Speaker diarization is the process of assigning the correct speaker to different segments of speech in an audio. Virtual meeting platforms such as Zoom receive the audio from different participants separately, so they usually have an API to correctly assign different speakers to different portions of the audio. When combined with accurate word-level timestamps, this can be used to generate a highly accurate diarized transcript. Most meeting bot providers offer this type of diarization in their API.

In cases where mechanical diarization is unavailable, it’s recommended to use Gladia’s diarization feature, which uses AI and audio analysis to detect multiple speakers in a single audio file and assign the correct speaker to each text segment.

  1. Importance of sync and accurate timestamps

    Tl;dr: Many advanced features, such as aligning speaker separation and transcription, audio-based diarization, and sending transcriptions to LLMs, require extremely accurate word-level timestamps. Luckily, Gladia provides one of the most accurate timestamp alignment solutions in the market, including for live transcription.

Any form of analysis of a speech recording, especially in a virtual meeting scenario, starts with the accuracy of the transcript timestamps.

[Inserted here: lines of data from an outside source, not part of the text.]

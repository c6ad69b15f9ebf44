-- ===== src/Hexstring/Reprint.antt =====
-- Hexadecimal text that is read and printed again.
use mathlib.Core.List.{map}
use chain_wallet.Common.{
  ℕ, zero, suc, ◌+◌, ◌*◌, ◌/◌, ◌%◌, ◌<◌, ◌≡◌, refl, sym, ap, ◌∙◌, Bool, true, ◌&&◌, ◌||◌, some, [],
  ◌∷◌, ◌++◌, Bytes, length, leb, ◌==◌, if◌then◌else◌, arith, Bool-cases, inl, inr,
}
use chain_wallet.Common.Chain.{◌>>=◌}
use chain_wallet.Hexstring.{toupper, hex_value, str_to_hex, hex_digit, hex_to_str}
use chain_wallet.Hexstring.RoundTrip.{spell, hex_to_str-spell, length-str_to_hex}

abbrev pub is_hex : ℕ → Bool
is_hex c = leb b'0' c && leb c b'9' || (leb b'A' c && leb c b'F' || leb b'a' c && leb c b'f')

abbrev pub are_hex : Bytes → Bool
are_hex [] = true
are_hex (c ∷ cs) = is_hex c && are_hex cs

abbrev pub tolower : ℕ → ℕ
tolower c = if leb b'A' c && leb c b'Z' then c + 32 else c

-- The case that the flag of `hexToStr` selects.
abbrev pub in_case : ℕ → ℕ → ℕ
in_case is_lower c = if is_lower == 0 then toupper c else tolower c

hex_value-lt : (c : ℕ) → is_hex c ≡ true → hex_value c < 16
unfolding hex_value toupper
hex_value-lt c h = ground arith

upper_digit : (c : ℕ) → is_hex c ≡ true → hex_digit 0 (hex_value c) ≡ toupper c
unfolding hex_digit hex_value toupper
upper_digit c h = ground arith

lower_digit : (c : ℕ) → is_hex c ≡ true → hex_digit 32 (hex_value c) ≡ tolower c
unfolding hex_digit hex_value toupper
lower_digit c h = ground arith

digit_again :
    (is_lower c : ℕ)
    → is_hex c ≡ true
    → hex_digit (if is_lower == 0 then 0 else 32) (hex_value c) ≡ in_case is_lower c
digit_again is_lower c h = elim (Bool-cases (is_lower == 0)) [
  | inl e ↦ rw e (upper_digit c h)
  | inr e ↦ rw e (lower_digit c h)
]

-- The bytes of a text of digits spell the text in the case that is asked for.
reread :
    (is_lower n : ℕ) (text : Bytes)
    → are_hex text ≡ true
    → length text ≡ 2 * n
    → (bytes : Bytes) × (str_to_hex text n ≡ some bytes)
      × (spell (if is_lower == 0 then 0 else 32) bytes ≡ map (in_case is_lower) text)
unfolding str_to_hex
reread is_lower zero [] h e = ([], refl, refl)
reread is_lower (suc n) [] h e = absurd (omega arith)
reread is_lower zero (a ∷ text) h e = absurd (omega arith)
reread is_lower (suc n) (a ∷ []) h e = absurd (omega arith)
reread is_lower (suc n) (a ∷ b ∷ text) h e =
    let ha : is_hex a ≡ true = ground arith in
    let hb : is_hex b ≡ true = ground arith in
    let (bytes, read, same) = reread is_lower n text (ground arith) (omega arith) in
    let x = (hex_value a * 16 + hex_value b) % 256 in
    let high : x / 16 ≡ hex_value a = omega (arith, hex_value-lt a ha, hex_value-lt b hb) in
    let low : x % 16 ≡ hex_value b = omega (arith, hex_value-lt a ha, hex_value-lt b hb) in
    (
      x ∷ bytes,
      rw read refl,
      rw (high, low, digit_again is_lower a ha, digit_again is_lower b hb, same) refl,
    )

-- `hexToStr` of what `strToHex` reads from an even number of hexadecimal digits, in either case, is the
-- text again, in the case that its flag selects.
pub hex_to_str-str_to_hex :
    (text : Bytes) (n is_lower : ℕ)
    → are_hex text ≡ true
    → length text ≡ 2 * n
    → (str_to_hex text n >>= λ bytes. hex_to_str bytes n is_lower)
      ≡ some (map (in_case is_lower) text ++ 0 ∷ [])
hex_to_str-str_to_hex text n is_lower h e =
    let (bytes, read, same) = reread is_lower n text h e in
    let long = length-str_to_hex text n read in
    rw read (
      ap (λ k. hex_to_str bytes k is_lower) (sym long)
      ∙ hex_to_str-spell bytes is_lower
      ∙ ap (λ t. some (t ++ 0 ∷ [])) same)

Producing an accurately diarized transcript by synchronizing the text to the mechanical audio diarization and understanding which speaker said what, relies on correct and accurate timestamps. Even just a few seconds of incorrect offset could result in a completely wrong diarization, which attributes text to the wrong speaker, changing the meaning and context of what was said. For some use cases, such as sales and CRM enrichment, this would make the whole transcript meaningless.

In turn, sending a meeting transcript to an LLM to generate insights such as summaries, chapters, data extraction, requires the utmost accuracy from the diarization. Text that’s attributed to the wrong speaker will generate incorrect and often entirely incoherent insights.

Summary

Navigating the various transcription features and options and finding the optimal configuration for your meeting recording product can be tricky. We’ve gathered the experience from multiple companies with similar needs and challenges and combined the knowledge into the guidelines in this post. We hope it will help you build a better product while significantly shortening the development time.